***** RECORDS SHOWN

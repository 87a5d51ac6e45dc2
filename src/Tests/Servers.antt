-- ===== src/Tests/Servers.antt =====
-- Tests of TcpServer and the destructor of EventLoop: a server named "s" at
-- "1.2.3.4:80" whose base loop is 1, with a loop 2 in another thread, and its connection 0 on fd 7 with
-- the channel at address 20. Each loop has wakeup fd 5, with the channel at 30, and epoll fd 3.
use network_library_baseon_c.Base.{
  ℕ, ◌≤◌, ◌≡◌, refl, inl, inr, true, false, List, [], ◌∷◌, ◌++◌, none, some, arith, ok, lookup,
  ◌==◌, if◌then◌else◌,
}
use network_library_baseon_c.Sys.{SockAddr}
use network_library_baseon_c.Text.{decimal}
use network_library_baseon_c.Buffer.{Buffer}
use network_library_baseon_c.Buffer.Invariant.{IsValid}
use network_library_baseon_c.Channel.{Channel, index_added}
use network_library_baseon_c.Poller.{Poller, event_of}
use network_library_baseon_c.EventLoop.{EventLoop, is_in_loop_thread}
use network_library_baseon_c.EventLoop.Creation.{destroy_event_loop}
use network_library_baseon_c.EventLoop.Dropping.{ClosedOr, destroy_event_loop-Closed}
use network_library_baseon_c.EventLoopThreadPool.{EventLoopThreadPool, next_of, bump, get_next_loop}
use network_library_baseon_c.TcpConnection.{Task, connected, remove_connection}
use network_library_baseon_c.TcpConnection.Handling.{Handlers, handle_close}
use network_library_baseon_c.TcpConnection.Ready.{IsReady}
use network_library_baseon_c.TcpServer.{
  TcpServer, Net, conn_name, server_handlers, enter, new_connection, run_task,
}
use network_library_baseon_c.TcpServer.ByName.{find}
use network_library_baseon_c.TcpServer.Names.{conn_name_whole}
use network_library_baseon_c.TcpServer.Making.{Named, NewTo}
use network_library_baseon_c.TcpServer.HandOver.{HandedOver, new_connection-HandedOver}
use network_library_baseon_c.TcpServer.Lifetime.{destroy_connections}
use network_library_baseon_c.TcpServer.Destroying.{
  AllAway, AllQueued, destroy_connections-AllQueued,
}
use network_library_baseon_c.TcpServer.Removal.{Removed, run_task-Removed}
use network_library_baseon_c.TcpServer.Closing.{ClosingOr, handle_close-Closing}
use network_library_baseon_c.EchoServer.{echo_handlers}
use network_library_baseon_c.Tests.Toy.{
  Toy, toy, quiet, watch, toy-WriteLaw, toy-EpollCtlLaw, toy-SocketLaw,
}

abbrev reading : ℕ → Channel
reading fd = record { fd = fd; events = 3; revents = 0; index = index_added; tied = false }

abbrev channels : ℕ → Channel
channels ptr = if ptr == 30 then reading 5 else reading 7

abbrev poller : Poller
poller = record { epollfd = 3; channels = (7, 20) ∷ (5, 30) ∷ []; event_list_size = 16 }

abbrev kernel : Toy
kernel =
    watch (watch quiet 3 7 (some (event_of 20 (reading 7)))) 3 5 (some (event_of 30 (reading 5)))

abbrev loop_of : ℕ → EventLoop Task
loop_of i = record {
  looping = true;
  quit = false;
  thread_id = i;
  poll_return_time = 0;
  poller = poller;
  wakeup_fd = 5;
  wakeup_channel = 30;
  active_channels = [];
  calling_pending_functors = false;
  pending_functors = [];
}

abbrev pub pool : ℕ → EventLoopThreadPool
pool i = record { base_loop = 1; started = true; num_threads = 2; next = i; loops = 2 ∷ 3 ∷ [] }

abbrev ip_port : List ℕ
ip_port = 49 ∷ 46 ∷ 50 ∷ 46 ∷ 51 ∷ 46 ∷ 52 ∷ 58 ∷ 56 ∷ 48 ∷ []

abbrev one_name : List ℕ
one_name = conn_name (115 ∷ []) ip_port 1

abbrev pub tcp_server : TcpServer
tcp_server = record {
  loop = 1;
  ip_port = ip_port;
  name = 115 ∷ [];
  acceptor = record { accept_fd = 6; accept_channel = 40; listenning = true };
  thread_pool = pool 0;
  has_write_complete = false;
  started = 1;
  next_conn_id = 2;
  connections = (one_name, 0) ∷ [];
}

abbrev holding : ℕ → ℕ → Buffer
holding from to = record {
  storage = 0 ∷ 0 ∷ 0 ∷ 0 ∷ 0 ∷ 0 ∷ 0 ∷ 0 ∷ 7 ∷ 8 ∷ 0 ∷ 0 ∷ [];
  reader_index = from;
  writer_index = to;
}

-- The server, with loop `here` at hand.
abbrev pub net : ℕ → Net toy (List ℕ)
net here = record {
  loop = loop_of here;
  kernel = kernel;
  channels = channels;
  app = record {
    connections = λ c. record {
      loop = 2;
      name = one_name;
      state = connected;
      fd = 7;
      channel = 20;
      input = holding 8 10;
      output = holding 8 8;
      high_water_mark = 64;
      has_write_complete = false;
      has_high_water = false;
    };
    strings = λ ptr. none;
    user = record { server = tcp_server; loops = loop_of; here = here; user = [] };
  };
}

abbrev pub user : Handlers (Net toy (List ℕ))
user = echo_handlers toy 60

buffer-IsValid : (to : ℕ) → 8 ≤ to → to ≤ 12 → IsValid (holding 8 to)
buffer-IsValid to low high = record {
  prepend = omega arith;
  ordered = low;
  within = high;
  small = omega arith;
}

known : lookup 7 poller.channels ≡ some 20
unfolding lookup
known = refl

known_wakeup : lookup 5 poller.channels ≡ some 30
unfolding lookup
known_wakeup = refl

pub one-Named : Named tcp_server
unfolding find
one-Named = ((1, omega arith, refl), refl, tt)

pub new-NewTo : NewTo toy 2 9 (net 1)
unfolding lookup
new-NewTo = record { unknown = refl; unwatched = refl; no_wakeup = refl }

pub next_two : get_next_loop (pool 0) ≡ ok (2, pool 1)
unfolding get_next_loop next_of bump
next_two = refl

pub far : is_in_loop_thread toy 1 (enter toy 2 (net 1)) ≡ false
unfolding is_in_loop_thread
far = refl

base_far : is_in_loop_thread toy 2 (enter toy 1 (net 2)) ≡ false
unfolding is_in_loop_thread
base_far = refl

new_connection-HandedOver_example :
    (r' : Net toy (List ℕ)) × (new_connection toy user 1 4 50 9 (net 1) ≡ ok r')
    × HandedOver toy user 4 9 2 (pool 1) (net 1) r'
new_connection-HandedOver_example =
    new_connection-HandedOver toy user toy-EpollCtlLaw toy-WriteLaw toy-SocketLaw 1 4 50 9 1
      (pool 1) (net 1) (omega arith) (omega arith) one-Named new-NewTo next_two far

run_task-Removed_example :
    (r' : Net toy (List ℕ)) × (run_task toy user (remove_connection 0) (net 1) ≡ ok r')
    × Removed toy user 0 2 (net 1) r'
run_task-Removed_example =
    run_task-Removed toy user toy-EpollCtlLaw toy-WriteLaw 0 (net 1) one-Named (known, refl) far

handle_close-Closing_example :
    ClosingOr toy 0 (net 2) (handle_close toy (server_handlers toy user) 0 (net 2))
handle_close-Closing_example =
    handle_close-Closing toy user toy-EpollCtlLaw 0 (net 2) (λ w. refl) (known, refl) base_far

conn_name_whole_example :
    conn_name (115 ∷ []) ip_port 2 ≡ (115 ∷ []) ++ (45 ∷ (ip_port ++ (35 ∷ decimal 2)))
conn_name_whole_example = conn_name_whole tcp_server 2 (omega arith) (omega arith)

abbrev pub address : SockAddr
address = record { family = 2; port = 80; addr = 1 }

pub idle-IsReady : IsReady toy 0 (net 2)
idle-IsReady = record {
  output = buffer-IsValid 8 (omega arith) (omega arith);
  registered = (known, refl);
  mask = inr (inl refl);
  same_fd = refl;
  not_wakeup = refl;
  armed = inl refl;
}

pub input-IsValid : IsValid ((net 2).app.connections 0).input
input-IsValid = buffer-IsValid 10 (omega arith) (omega arith)

destroy_event_loop-Closed_example : ClosedOr toy (net 1) (destroy_event_loop toy (net 1))
destroy_event_loop-Closed_example =
    destroy_event_loop-Closed toy toy-EpollCtlLaw (net 1) (known_wakeup, refl)

far-AllAway : AllAway toy 1 tcp_server.connections (net 1)
far-AllAway = (far, tt)

destroy_connections-AllQueued_example :
    (r' : Net toy (List ℕ)) × (destroy_connections toy user 1 tcp_server.connections (net 1)
      ≡ ok r')
    × AllQueued toy tcp_server.connections (net 1) r'
destroy_connections-AllQueued_example =
    destroy_connections-AllQueued toy user 1 tcp_server.connections (net 1) far-AllAway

**********

* ACTIVITY *
Count the lines of the records that include the word "ClosedOr", please, and report the number alone.

* REPLY *
2